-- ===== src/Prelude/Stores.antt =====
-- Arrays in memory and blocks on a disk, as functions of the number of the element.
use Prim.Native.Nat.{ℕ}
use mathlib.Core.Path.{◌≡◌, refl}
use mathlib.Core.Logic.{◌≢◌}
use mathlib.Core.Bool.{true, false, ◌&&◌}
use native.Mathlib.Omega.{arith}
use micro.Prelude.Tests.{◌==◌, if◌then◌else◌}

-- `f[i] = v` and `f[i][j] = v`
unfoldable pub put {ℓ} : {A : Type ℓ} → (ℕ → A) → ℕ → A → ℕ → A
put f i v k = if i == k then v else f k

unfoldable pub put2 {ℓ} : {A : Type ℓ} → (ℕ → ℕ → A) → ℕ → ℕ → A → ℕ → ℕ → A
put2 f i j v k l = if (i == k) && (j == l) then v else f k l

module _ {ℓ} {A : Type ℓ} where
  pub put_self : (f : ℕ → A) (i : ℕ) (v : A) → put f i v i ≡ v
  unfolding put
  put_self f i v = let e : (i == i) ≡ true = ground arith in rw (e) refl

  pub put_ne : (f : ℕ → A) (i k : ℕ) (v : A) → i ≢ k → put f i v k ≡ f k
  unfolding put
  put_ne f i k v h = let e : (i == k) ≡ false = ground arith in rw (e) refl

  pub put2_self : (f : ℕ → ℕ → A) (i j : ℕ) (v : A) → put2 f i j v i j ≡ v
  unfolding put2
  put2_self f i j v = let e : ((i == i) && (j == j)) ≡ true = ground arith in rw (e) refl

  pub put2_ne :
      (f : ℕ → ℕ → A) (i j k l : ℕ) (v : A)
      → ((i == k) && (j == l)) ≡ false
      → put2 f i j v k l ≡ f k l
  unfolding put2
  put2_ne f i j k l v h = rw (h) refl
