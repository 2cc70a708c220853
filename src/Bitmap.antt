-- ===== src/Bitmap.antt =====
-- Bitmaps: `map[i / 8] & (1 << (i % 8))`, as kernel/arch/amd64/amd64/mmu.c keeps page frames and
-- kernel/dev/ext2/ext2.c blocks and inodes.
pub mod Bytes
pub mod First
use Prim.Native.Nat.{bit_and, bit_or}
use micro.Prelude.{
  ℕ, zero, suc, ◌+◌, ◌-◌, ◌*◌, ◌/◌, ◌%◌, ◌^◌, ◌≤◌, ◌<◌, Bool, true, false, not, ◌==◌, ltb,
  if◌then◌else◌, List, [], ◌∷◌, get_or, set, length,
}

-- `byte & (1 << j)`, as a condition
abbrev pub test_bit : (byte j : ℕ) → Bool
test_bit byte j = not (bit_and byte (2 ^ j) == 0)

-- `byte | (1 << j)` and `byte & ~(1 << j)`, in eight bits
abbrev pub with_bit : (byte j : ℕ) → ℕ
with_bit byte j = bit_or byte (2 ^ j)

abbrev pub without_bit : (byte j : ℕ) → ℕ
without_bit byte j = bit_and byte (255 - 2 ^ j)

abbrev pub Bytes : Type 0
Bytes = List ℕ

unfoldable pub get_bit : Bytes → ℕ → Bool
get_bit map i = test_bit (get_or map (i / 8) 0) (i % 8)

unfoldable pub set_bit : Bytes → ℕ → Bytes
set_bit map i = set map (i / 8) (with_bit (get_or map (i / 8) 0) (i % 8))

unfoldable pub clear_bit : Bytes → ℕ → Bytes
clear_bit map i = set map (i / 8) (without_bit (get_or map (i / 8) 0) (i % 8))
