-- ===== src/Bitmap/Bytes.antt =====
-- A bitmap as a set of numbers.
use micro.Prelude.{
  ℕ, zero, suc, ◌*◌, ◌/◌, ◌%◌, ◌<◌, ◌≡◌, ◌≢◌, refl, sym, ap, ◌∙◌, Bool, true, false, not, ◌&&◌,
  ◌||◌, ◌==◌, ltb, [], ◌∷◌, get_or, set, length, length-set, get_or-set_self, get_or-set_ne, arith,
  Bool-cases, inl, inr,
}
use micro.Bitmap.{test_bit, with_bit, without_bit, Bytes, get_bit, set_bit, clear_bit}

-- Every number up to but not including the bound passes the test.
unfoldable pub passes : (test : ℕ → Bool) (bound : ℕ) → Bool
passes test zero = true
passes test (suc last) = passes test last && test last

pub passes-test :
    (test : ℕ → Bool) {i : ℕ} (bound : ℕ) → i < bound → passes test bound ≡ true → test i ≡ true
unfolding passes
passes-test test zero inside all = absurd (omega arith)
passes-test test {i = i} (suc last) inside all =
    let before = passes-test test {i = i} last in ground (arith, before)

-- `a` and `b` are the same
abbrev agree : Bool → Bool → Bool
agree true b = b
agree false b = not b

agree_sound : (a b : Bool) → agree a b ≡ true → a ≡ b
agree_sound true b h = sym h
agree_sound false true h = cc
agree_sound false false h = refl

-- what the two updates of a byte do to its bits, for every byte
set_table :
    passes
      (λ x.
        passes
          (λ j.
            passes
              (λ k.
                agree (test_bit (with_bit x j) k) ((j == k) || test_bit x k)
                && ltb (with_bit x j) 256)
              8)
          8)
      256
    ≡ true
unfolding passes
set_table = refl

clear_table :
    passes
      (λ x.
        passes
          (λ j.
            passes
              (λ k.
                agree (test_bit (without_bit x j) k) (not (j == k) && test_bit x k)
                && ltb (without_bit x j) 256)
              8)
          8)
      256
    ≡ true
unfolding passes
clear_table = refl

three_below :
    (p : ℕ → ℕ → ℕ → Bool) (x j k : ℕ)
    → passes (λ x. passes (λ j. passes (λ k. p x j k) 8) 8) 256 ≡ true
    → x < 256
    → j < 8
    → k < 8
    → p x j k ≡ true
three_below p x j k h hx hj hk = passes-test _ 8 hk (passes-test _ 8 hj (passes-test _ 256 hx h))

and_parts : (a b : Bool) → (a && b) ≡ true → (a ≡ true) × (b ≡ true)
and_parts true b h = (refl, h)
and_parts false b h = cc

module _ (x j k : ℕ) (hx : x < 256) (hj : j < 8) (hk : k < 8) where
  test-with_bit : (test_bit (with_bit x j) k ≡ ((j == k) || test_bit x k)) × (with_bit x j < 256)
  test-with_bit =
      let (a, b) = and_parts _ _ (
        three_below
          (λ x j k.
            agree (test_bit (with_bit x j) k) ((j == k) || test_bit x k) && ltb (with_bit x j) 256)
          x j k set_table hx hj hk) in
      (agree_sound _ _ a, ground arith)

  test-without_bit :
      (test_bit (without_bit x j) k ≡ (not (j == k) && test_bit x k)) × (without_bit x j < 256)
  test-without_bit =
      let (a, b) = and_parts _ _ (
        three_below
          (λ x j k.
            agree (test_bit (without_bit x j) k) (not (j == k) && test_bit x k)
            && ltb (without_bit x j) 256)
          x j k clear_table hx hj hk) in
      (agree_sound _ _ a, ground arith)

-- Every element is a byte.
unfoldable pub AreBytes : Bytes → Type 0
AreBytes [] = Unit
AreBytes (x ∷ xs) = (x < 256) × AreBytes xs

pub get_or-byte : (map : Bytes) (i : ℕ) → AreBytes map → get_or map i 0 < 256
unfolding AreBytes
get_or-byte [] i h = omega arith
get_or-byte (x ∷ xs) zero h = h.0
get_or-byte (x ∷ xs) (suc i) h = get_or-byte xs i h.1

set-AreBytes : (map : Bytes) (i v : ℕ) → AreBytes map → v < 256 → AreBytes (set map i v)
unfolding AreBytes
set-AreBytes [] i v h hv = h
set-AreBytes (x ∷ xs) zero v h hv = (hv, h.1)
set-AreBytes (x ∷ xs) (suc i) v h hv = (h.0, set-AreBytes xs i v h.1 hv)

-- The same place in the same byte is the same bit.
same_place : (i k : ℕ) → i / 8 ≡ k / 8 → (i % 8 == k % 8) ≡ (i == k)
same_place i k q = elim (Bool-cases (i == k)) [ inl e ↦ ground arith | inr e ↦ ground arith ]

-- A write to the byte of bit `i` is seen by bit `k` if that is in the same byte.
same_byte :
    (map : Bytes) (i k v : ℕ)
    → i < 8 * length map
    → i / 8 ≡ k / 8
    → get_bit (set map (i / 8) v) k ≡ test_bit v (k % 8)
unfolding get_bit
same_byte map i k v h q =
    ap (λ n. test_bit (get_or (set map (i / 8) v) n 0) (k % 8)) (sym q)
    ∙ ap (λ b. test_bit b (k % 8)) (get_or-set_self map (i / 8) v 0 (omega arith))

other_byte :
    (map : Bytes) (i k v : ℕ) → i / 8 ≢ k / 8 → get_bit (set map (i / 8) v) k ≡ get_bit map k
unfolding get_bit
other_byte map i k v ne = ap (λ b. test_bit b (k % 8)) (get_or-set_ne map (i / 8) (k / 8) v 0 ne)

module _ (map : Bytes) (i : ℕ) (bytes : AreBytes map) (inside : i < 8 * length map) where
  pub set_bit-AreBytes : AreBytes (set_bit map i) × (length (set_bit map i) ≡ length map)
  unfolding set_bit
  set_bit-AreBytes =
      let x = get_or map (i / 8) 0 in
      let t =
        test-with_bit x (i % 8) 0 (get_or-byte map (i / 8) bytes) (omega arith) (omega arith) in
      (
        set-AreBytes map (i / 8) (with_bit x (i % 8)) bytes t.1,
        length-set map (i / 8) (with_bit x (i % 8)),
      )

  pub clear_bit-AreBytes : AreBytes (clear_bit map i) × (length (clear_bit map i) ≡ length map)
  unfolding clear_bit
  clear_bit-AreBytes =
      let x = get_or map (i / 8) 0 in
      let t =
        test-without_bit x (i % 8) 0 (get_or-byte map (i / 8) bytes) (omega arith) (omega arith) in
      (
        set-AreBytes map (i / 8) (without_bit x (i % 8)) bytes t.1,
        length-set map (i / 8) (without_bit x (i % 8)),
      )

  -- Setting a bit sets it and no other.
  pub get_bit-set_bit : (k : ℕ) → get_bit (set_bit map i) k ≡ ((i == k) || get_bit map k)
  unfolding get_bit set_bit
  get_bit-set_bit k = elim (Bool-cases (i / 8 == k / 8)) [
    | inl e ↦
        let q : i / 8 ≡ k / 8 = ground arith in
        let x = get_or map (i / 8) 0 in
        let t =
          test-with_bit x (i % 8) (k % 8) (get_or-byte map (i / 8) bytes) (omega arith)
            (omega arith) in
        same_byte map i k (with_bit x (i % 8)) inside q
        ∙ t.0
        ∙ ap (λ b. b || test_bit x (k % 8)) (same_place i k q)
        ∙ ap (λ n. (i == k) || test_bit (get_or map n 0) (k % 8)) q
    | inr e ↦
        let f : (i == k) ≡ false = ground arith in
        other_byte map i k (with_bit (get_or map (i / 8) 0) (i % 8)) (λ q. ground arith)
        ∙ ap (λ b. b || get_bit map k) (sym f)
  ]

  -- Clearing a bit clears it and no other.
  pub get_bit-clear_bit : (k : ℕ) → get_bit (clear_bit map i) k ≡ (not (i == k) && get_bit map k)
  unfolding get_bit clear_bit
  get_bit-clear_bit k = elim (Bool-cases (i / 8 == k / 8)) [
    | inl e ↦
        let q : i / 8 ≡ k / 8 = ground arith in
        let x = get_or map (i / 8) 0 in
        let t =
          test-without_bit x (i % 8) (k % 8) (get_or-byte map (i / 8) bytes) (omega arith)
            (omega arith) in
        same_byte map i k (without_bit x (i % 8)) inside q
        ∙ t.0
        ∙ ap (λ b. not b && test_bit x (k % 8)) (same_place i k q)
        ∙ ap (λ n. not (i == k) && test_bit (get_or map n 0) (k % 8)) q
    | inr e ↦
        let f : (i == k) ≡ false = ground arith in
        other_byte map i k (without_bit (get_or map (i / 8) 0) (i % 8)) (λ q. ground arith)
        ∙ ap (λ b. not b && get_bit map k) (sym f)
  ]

# # # #

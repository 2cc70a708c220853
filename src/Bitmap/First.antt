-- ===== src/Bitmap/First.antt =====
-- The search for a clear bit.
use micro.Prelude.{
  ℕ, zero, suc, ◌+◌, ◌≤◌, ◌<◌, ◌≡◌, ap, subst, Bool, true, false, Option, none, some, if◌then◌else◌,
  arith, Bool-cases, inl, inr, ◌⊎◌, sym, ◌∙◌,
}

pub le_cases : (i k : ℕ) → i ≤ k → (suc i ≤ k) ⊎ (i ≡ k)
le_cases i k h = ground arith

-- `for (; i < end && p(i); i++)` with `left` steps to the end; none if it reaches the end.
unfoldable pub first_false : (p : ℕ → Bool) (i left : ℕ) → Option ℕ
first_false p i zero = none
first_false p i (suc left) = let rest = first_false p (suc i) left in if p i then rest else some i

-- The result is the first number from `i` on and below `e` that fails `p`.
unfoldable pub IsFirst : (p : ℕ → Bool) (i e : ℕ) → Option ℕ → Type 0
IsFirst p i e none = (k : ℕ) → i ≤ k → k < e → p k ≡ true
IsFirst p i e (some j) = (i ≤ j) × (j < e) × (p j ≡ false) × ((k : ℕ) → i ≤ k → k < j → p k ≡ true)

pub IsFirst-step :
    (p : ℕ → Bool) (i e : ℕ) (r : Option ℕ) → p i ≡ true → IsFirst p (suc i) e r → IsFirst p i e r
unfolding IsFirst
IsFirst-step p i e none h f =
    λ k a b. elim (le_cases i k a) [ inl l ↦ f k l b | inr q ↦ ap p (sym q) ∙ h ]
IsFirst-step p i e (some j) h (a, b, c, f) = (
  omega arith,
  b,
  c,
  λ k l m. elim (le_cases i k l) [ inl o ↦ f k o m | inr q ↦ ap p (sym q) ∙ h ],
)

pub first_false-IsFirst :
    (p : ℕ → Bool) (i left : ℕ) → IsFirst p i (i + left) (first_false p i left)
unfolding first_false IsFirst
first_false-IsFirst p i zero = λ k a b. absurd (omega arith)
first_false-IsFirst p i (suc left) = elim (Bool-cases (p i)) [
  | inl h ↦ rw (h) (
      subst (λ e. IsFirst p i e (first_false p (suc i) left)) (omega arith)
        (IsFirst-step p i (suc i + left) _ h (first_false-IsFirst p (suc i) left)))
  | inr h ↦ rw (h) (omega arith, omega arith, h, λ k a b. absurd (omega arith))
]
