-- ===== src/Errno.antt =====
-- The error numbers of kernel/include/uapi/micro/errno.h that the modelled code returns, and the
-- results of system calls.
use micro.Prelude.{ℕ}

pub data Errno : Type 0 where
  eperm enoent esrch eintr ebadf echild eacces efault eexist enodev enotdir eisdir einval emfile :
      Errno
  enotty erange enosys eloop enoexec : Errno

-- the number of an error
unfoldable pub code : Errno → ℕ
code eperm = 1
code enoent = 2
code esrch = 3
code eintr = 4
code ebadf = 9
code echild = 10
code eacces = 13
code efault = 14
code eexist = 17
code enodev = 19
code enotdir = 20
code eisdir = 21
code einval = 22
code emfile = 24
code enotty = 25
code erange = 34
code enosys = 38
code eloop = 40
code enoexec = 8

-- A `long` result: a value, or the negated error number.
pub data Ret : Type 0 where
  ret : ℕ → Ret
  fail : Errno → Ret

# # # #

_Assigned task_. After locating the line holding "-- ===== src/Prelude/Stores.antt" above, output exactly that line and every line after it through the line holding "put_ne f i k". Include nothing else.

_Response area_.
-- ===== src/Prelude/Stores.antt =====
-- Arrays in memory and blocks on a disk, as functions of the number of the element.
use Prim.Native.Nat.{ℕ}
use mathlib.Core.Path.{◌≡◌, refl}
use mathlib.Core.Logic.{◌≢◌}
use mathlib.Core.Bool.{true, false, ◌&&◌}
use native.Mathlib.Omega.{arith}
use micro.Prelude.Tests.{◌==◌, if◌then◌else◌}

-- `f[i] = v` and `f[i][j] = v`
unfoldable pub put {ℓ} : {A : Type ℓ} → (ℕ → A) → ℕ → A → ℕ → A
put f i v k = if i == k then v else f k

unfoldable pub put2 {ℓ} : {A : Type ℓ} → (ℕ → ℕ → A) → ℕ → ℕ → A → ℕ → ℕ → A
put2 f i j v k l = if (i == k) && (j == l) then v else f k l

module _ {ℓ} {A : Type ℓ} where
  pub put_self : (f : ℕ → A) (i : ℕ) (v : A) → put f i v i ≡ v
  unfolding put
  put_self f i v = let e : (i == i) ≡ true = ground arith in rw (e) refl

  pub put_ne : (f : ℕ → A) (i k : ℕ) (v : A) → i ≢ k → put f i v k ≡ f k
  unfolding put
  put_ne f i k v h = let e : (i == k) ≡ false = ground arith in rw (e) refl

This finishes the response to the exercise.